Gotcha. Hmm. This means that you almost need a 'streaming' mode for a SPI transaction, like the I2S peripheral has. At the moment, the driver has nothing of that kind, but the hardware supports it; worst case you could hack the driver to get something like this.

Okay cool! I'm guessing the I2S driver might be a good place to start on this?Thanks for the insight.

About your calculations... first of all, I'm not entirely sure what your 5/7-bit resolution is about; as far as I can see, the CC1120 accepts 8-bit SPI transfers? You keep talking about an external DAC; are you planning to use some analog way of controlling the modulation of the CC1120 with an external DAC chip? If so, why not use the internal DAC of the ESP32?

I was using DAC kinda as analogy. Setting the CFM_TX_DATA_OUT register sets the deviation from the carrier. The resolution provided is only 7-bits even that the SPI transfer is 8-bits. The resolution used generate the tones will affect the SNR of the symbol in the baseband, and I need to do further research to determine how reducing the SNR in the base-band will affect the ability of other receivers to decode the signal. At the time, I'd figure I would max out the resolution to best simulate how the current systems function. The APRS network isn't standardized on equipment. It is hodgepodge of legacy and new hardware so I leveraged my bet on making the baseband signal as best as possible.

The output will not be low-pass filtered on transmission (basically it will be M-FSK; where M is the resolution of the DAC used), but on the receiving side the RX filter and audio filters I assume would low-pass filter the signal.

If I go with the limited number of samples to create the tones (2), I could then simply use the CC1120 normal digital modes to generate the tones theoretically without the use of CFM_MODE. I would still need CFM_MODE I believe to receive analog FM, but that's a problem for another day, lol.

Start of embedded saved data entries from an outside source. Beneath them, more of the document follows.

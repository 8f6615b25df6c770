-- ===== src/QueryFilter/Escapes.antt =====
-- A string that the printer has escaped, read back by the parser.
use verisearch.Prelude.{
  ℕ, zero, suc, ◌≤◌, ◌<◌, true, false, [], ◌∷◌, ◌++◌, append_assoc, ◌==◌, ltb, if◌then◌else◌,
  length, length-append, Str, replace, ◌≡◌, refl, sym, ap, subst, ◌∙◌, arith, Bool-cases, inl, inr,
}
use verisearch.QueryFilter.Ast.{Literal, string_literal, number_literal, timestamp_literal}
use verisearch.QueryFilter.Host.{Host}
use verisearch.QueryFilter.State.{State, Parser, ok, pure, ◌>>=◌, and_then}
use verisearch.QueryFilter.Lexer.{skip_while, advance_while, skip_whitespace}
use verisearch.QueryFilter.Literals.{unescape, string_body, parse_string_literal, parse_value}
use verisearch.QueryFilter.Printer.{Floats, print_literal}

-- The state in front of `rest`.
abbrev pub at : Str → Str → ℕ → ℕ → State
at before rest d l = record { before = before; rest = rest; depth = d; leaf_count = l }

-- The characters before the position, once the parser has passed `s`.
abbrev pub behind : Str → Str → Str
behind [] before = before
behind (c ∷ s) before = behind s (c ∷ before)

pub behind-append : (s t before : Str) → behind (s ++ t) before ≡ behind t (behind s before)
behind-append [] t before = refl
behind-append (c ∷ s) t before = behind-append s t (c ∷ before)

-- The two `replace` of the printer in one pass.
escape : Str → Str
escape [] = []
escape (c ∷ s) =
    let rest = escape s in
    if c == 92 then 92 ∷ 92 ∷ rest else if c == 34 then 92 ∷ 34 ∷ rest else c ∷ rest

replace-replace : (v : Str) → replace 34 (92 ∷ 34 ∷ []) (replace 92 (92 ∷ 92 ∷ []) v) ≡ escape v
unfolding escape replace
replace-replace [] = refl
replace-replace (c ∷ v) = elim (Bool-cases (c == 92)) [
  | inl slash ↦ rw slash (ap (λ s. 92 ∷ 92 ∷ s) (replace-replace v))
  | inr other ↦ elim (Bool-cases (c == 34)) [
    | inl quote ↦ rw (other, quote) (ap (λ s. 92 ∷ 34 ∷ s) (replace-replace v))
    | inr plain ↦ rw (other, plain) (ap (λ s. c ∷ s) (replace-replace v))
  ]
]

length-escape : (v : Str) → length v ≤ length (escape v)
unfolding escape
length-escape [] = omega arith
length-escape (c ∷ v) = elim (Bool-cases (c == 92)) [
  | inl slash ↦ rw slash (omega (arith, length-escape v))
  | inr other ↦ elim (Bool-cases (c == 34)) [
    | inl quote ↦ rw (other, quote) (omega (arith, length-escape v))
    | inr plain ↦ rw (other, plain) (omega (arith, length-escape v))
  ]
]

is_char : (c n : ℕ) → (c == n) ≡ true → c ≡ n
is_char c n h = ground arith

-- One round of the loop of `parse_string_literal`, at a character that is not special.
string_body-plain :
    (c : ℕ) (s before : Str) (d l fuel : ℕ)
    → (c == 92) ≡ false
    → (c == 34) ≡ false
    → string_body (suc fuel) (at before (c ∷ s) d l)
      ≡ and_then (string_body fuel (at (c ∷ before) s d l)) (λ value. pure (c ∷ value))
unfolding string_body ◌>>=◌
string_body-plain c s before d l fuel other plain = rw (and_then, other, plain)

escape-plain :
    (c : ℕ) (v : Str) → (c == 92) ≡ false → (c == 34) ≡ false → escape (c ∷ v) ≡ c ∷ escape v
unfolding escape
escape-plain c v other plain = rw (other, plain)

-- A round at an escaped backslash or quote.
string_body-slash :
    (s before : Str) (d l fuel : ℕ)
    → string_body (suc fuel) (at before (92 ∷ 92 ∷ s) d l)
      ≡ and_then (string_body fuel (at (92 ∷ 92 ∷ before) s d l)) (λ value. pure (92 ∷ value))
unfolding string_body unescape ◌>>=◌
string_body-slash s before d l fuel = refl

string_body-quote :
    (s before : Str) (d l fuel : ℕ)
    → string_body (suc fuel) (at before (92 ∷ 34 ∷ s) d l)
      ≡ and_then (string_body fuel (at (34 ∷ 92 ∷ before) s d l)) (λ value. pure (34 ∷ value))
unfolding string_body unescape ◌>>=◌
string_body-quote s before d l fuel = refl

-- What `string_body` makes of an escaped string.
abbrev ReadsBack : Str → Str → Type 0
ReadsBack v e =
    (r before : Str) (d l fuel : ℕ)
    → length v < fuel
    → string_body fuel (at before (e ++ 34 ∷ r) d l) ≡ ok v (at (34 ∷ behind e before) r d l)

string_body-escape_cons :
    (c : ℕ) (v : Str) → ReadsBack v (escape v) → ReadsBack (c ∷ v) (escape (c ∷ v))
unfolding escape
string_body-escape_cons c v read = elim (Bool-cases (c == 92)) [
  | inl slash ↦
      let q : c ≡ 92 = is_char c 92 slash in
      subst (λ k. ReadsBack (k ∷ v) (escape (k ∷ v))) (sym q) (slashed read)
  | inr other ↦ elim (Bool-cases (c == 34)) [
    | inl quote ↦
        let q : c ≡ 34 = is_char c 34 quote in
        subst (λ k. ReadsBack (k ∷ v) (escape (k ∷ v))) (sym q) (quoted read)
    | inr plain ↦
        subst (ReadsBack (c ∷ v)) (sym (escape-plain c v other plain)) (kept other plain read)
  ]
]
  where
    slashed : ReadsBack v (escape v) → ReadsBack (92 ∷ v) (92 ∷ 92 ∷ escape v)
    slashed read r before d l zero h = absurd (omega arith)
    slashed read r before d l (suc fuel) h =
        string_body-slash (escape v ++ 34 ∷ r) before d l fuel
        ∙ ap (λ m. and_then m (λ value. pure (92 ∷ value)))
            (read r (92 ∷ 92 ∷ before) d l fuel (omega arith))

    quoted : ReadsBack v (escape v) → ReadsBack (34 ∷ v) (92 ∷ 34 ∷ escape v)
    quoted read r before d l zero h = absurd (omega arith)
    quoted read r before d l (suc fuel) h =
        string_body-quote (escape v ++ 34 ∷ r) before d l fuel
        ∙ ap (λ m. and_then m (λ value. pure (34 ∷ value)))
            (read r (34 ∷ 92 ∷ before) d l fuel (omega arith))

    kept :
        (c == 92) ≡ false
        → (c == 34) ≡ false
        → ReadsBack v (escape v)
        → ReadsBack (c ∷ v) (c ∷ escape v)
    kept other plain read r before d l zero h = absurd (omega arith)
    kept other plain read r before d l (suc fuel) h =
        string_body-plain c (escape v ++ 34 ∷ r) before d l fuel other plain
        ∙ ap (λ m. and_then m (λ value. pure (c ∷ value)))
            (read r (c ∷ before) d l fuel (omega arith))

-- The loop of `parse_string_literal` reads an escaped string back.
string_body-escape : (v : Str) → ReadsBack v (escape v)
string_body-escape [] r before d l zero h = absurd (omega arith)
string_body-escape [] r before d l (suc fuel) h = unfold escape string_body ◌>>=◌ in refl
string_body-escape (c ∷ v) r before d l fuel h =
    string_body-escape_cons c v (string_body-escape v) r before d l fuel h

-- A string that the parser can return.
abbrev pub IsText : {F : Type 0} → Literal F → Type 0
IsText (string_literal v) = length v ≤ 1024
IsText (number_literal x) = ⊥
IsText (timestamp_literal v) = ⊥

-- A printed literal is read back, and the parser stands behind it.
abbrev pub ReadBy : {F : Type 0} → Parser (Literal F) → Literal F → Str → Type 0
ReadBy m v s =
    (r before : Str) (d l : ℕ) → m (at before (s ++ r) d l) ≡ ok v (at (behind s before) r d l)

module _ {F : Type 0} (host : Host F) (floats : Floats F) where
  open host use {is_digit}

  parse_string_literal-escape :
      (v : Str)
      → length v ≤ 1024
      → ReadBy {F = F} parse_string_literal (string_literal v) (34 ∷ (escape v ++ 34 ∷ []))
  parse_string_literal-escape v short r before d l =
      let body =
        string_body-escape v r (34 ∷ before) d l (suc (length (escape v ++ 34 ∷ r)))
          (omega (arith, length-escape v, length-append (escape v) (34 ∷ r))) in
      let fits : ltb 1024 (length v) ≡ false = ground arith in
      let text : (escape v ++ 34 ∷ []) ++ r ≡ escape v ++ 34 ∷ r =
        append_assoc (escape v) (34 ∷ []) r in
      let ends : behind (escape v ++ 34 ∷ []) (34 ∷ before) ≡ 34 ∷ behind (escape v) (34 ∷ before) =
        behind-append (escape v) (34 ∷ []) (34 ∷ before) in
      ap (λ t. parse_string_literal (at before (34 ∷ t) d l)) text
      ∙ literal (escape v ++ 34 ∷ r) (at (34 ∷ behind (escape v) (34 ∷ before)) r d l) body fits
      ∙ ap (λ b. ok (string_literal v) (at b r d l)) (sym ends)
    where
      literal :
          (s : Str) (t : State)
          → string_body (suc (length s)) (at (34 ∷ before) s d l) ≡ ok v t
          → ltb 1024 (length v) ≡ false
          → parse_string_literal {F = F} (at before (34 ∷ s) d l) ≡ ok (string_literal v) t
      literal s t body fits = unfold parse_string_literal ◌>>=◌ in rw (body, fits)

  print_literal-escape :
      (v : Str) → print_literal floats (string_literal v) ≡ 34 ∷ (escape v ++ 34 ∷ [])
  unfolding print_literal
  print_literal-escape v = ap (λ s. 34 ∷ (s ++ 34 ∷ [])) (replace-replace v)

  parse_value-quote :
      (s before : Str) (d l : ℕ)
      → parse_value host (at before (34 ∷ s) d l) ≡ parse_string_literal (at before (34 ∷ s) d l)
  unfolding parse_value skip_whitespace advance_while skip_while ◌>>=◌
  parse_value-quote s before d l = refl

  parse_value-blank :
      (s before : Str) (d l : ℕ)
      → parse_value host (at before (32 ∷ 34 ∷ s) d l)
        ≡ parse_string_literal (at (32 ∷ before) (34 ∷ s) d l)
  unfolding parse_value skip_whitespace advance_while skip_while ◌>>=◌
  parse_value-blank s before d l = refl

  pub parse_value-print :
      (v : Literal F) → IsText v → ReadBy (parse_value host) v (print_literal floats v)
  parse_value-print (string_literal v) short =
      subst (ReadBy (parse_value host) (string_literal v)) (sym (print_literal-escape v))
        (λ r before d l.
          parse_value-quote ((escape v ++ 34 ∷ []) ++ r) before d l
          ∙ parse_string_literal-escape v short r before d l)
  parse_value-print (number_literal x) h = absurd h
  parse_value-print (timestamp_literal v) h = absurd h

  pub parse_value-print_blank :
      (v : Literal F) → IsText v → ReadBy (parse_value host) v (32 ∷ print_literal floats v)
  parse_value-print_blank (string_literal v) short =
      subst (λ s. ReadBy (parse_value host) (string_literal v) (32 ∷ s))
        (sym (print_literal-escape v))
        (λ r before d l.
          parse_value-blank ((escape v ++ 34 ∷ []) ++ r) before d l
          ∙ parse_string_literal-escape v short r (32 ∷ before) d l)
  parse_value-print_blank (number_literal x) h = absurd h
  parse_value-print_blank (timestamp_literal v) h = absurd h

Edit: Wait, you're talking about oversampling the waveform by a factor of 2^5 or 2^7? Why'd you do that, that's pretty insane! I'm not sure how demodulation in the average receiver works, but if it only needs a 1200/2200Hz signal, it would be insanity if it didn't do lowpass filtering at 3000Hz or so, which means that you can easily get away with only oversampling it twice or so.

Yes. You're right. I need to put some more though into this. Sorry, I'm still learning too, and I didn't assume it'd be this hard to dump this amount of data over SPI. The typical RX filter bandwidth is 5kHz for narrow voice FM so I might get something at 4400Hz. Different equipment based on my research uses different methods to determine the audio tone post FM demodulation: Gorenztel (signal bin FFT basically), Correlation banks, and Zero-crossing.

Thanks for your help Sprite!
P.S. Let me know if Espressif is hiring if I manage to make this SPI driver support streaming. (j.k.)

I did a few experiments and Nyquist seems to be fine based on the outputs of the FFTs post the output of the receiver. Thanks!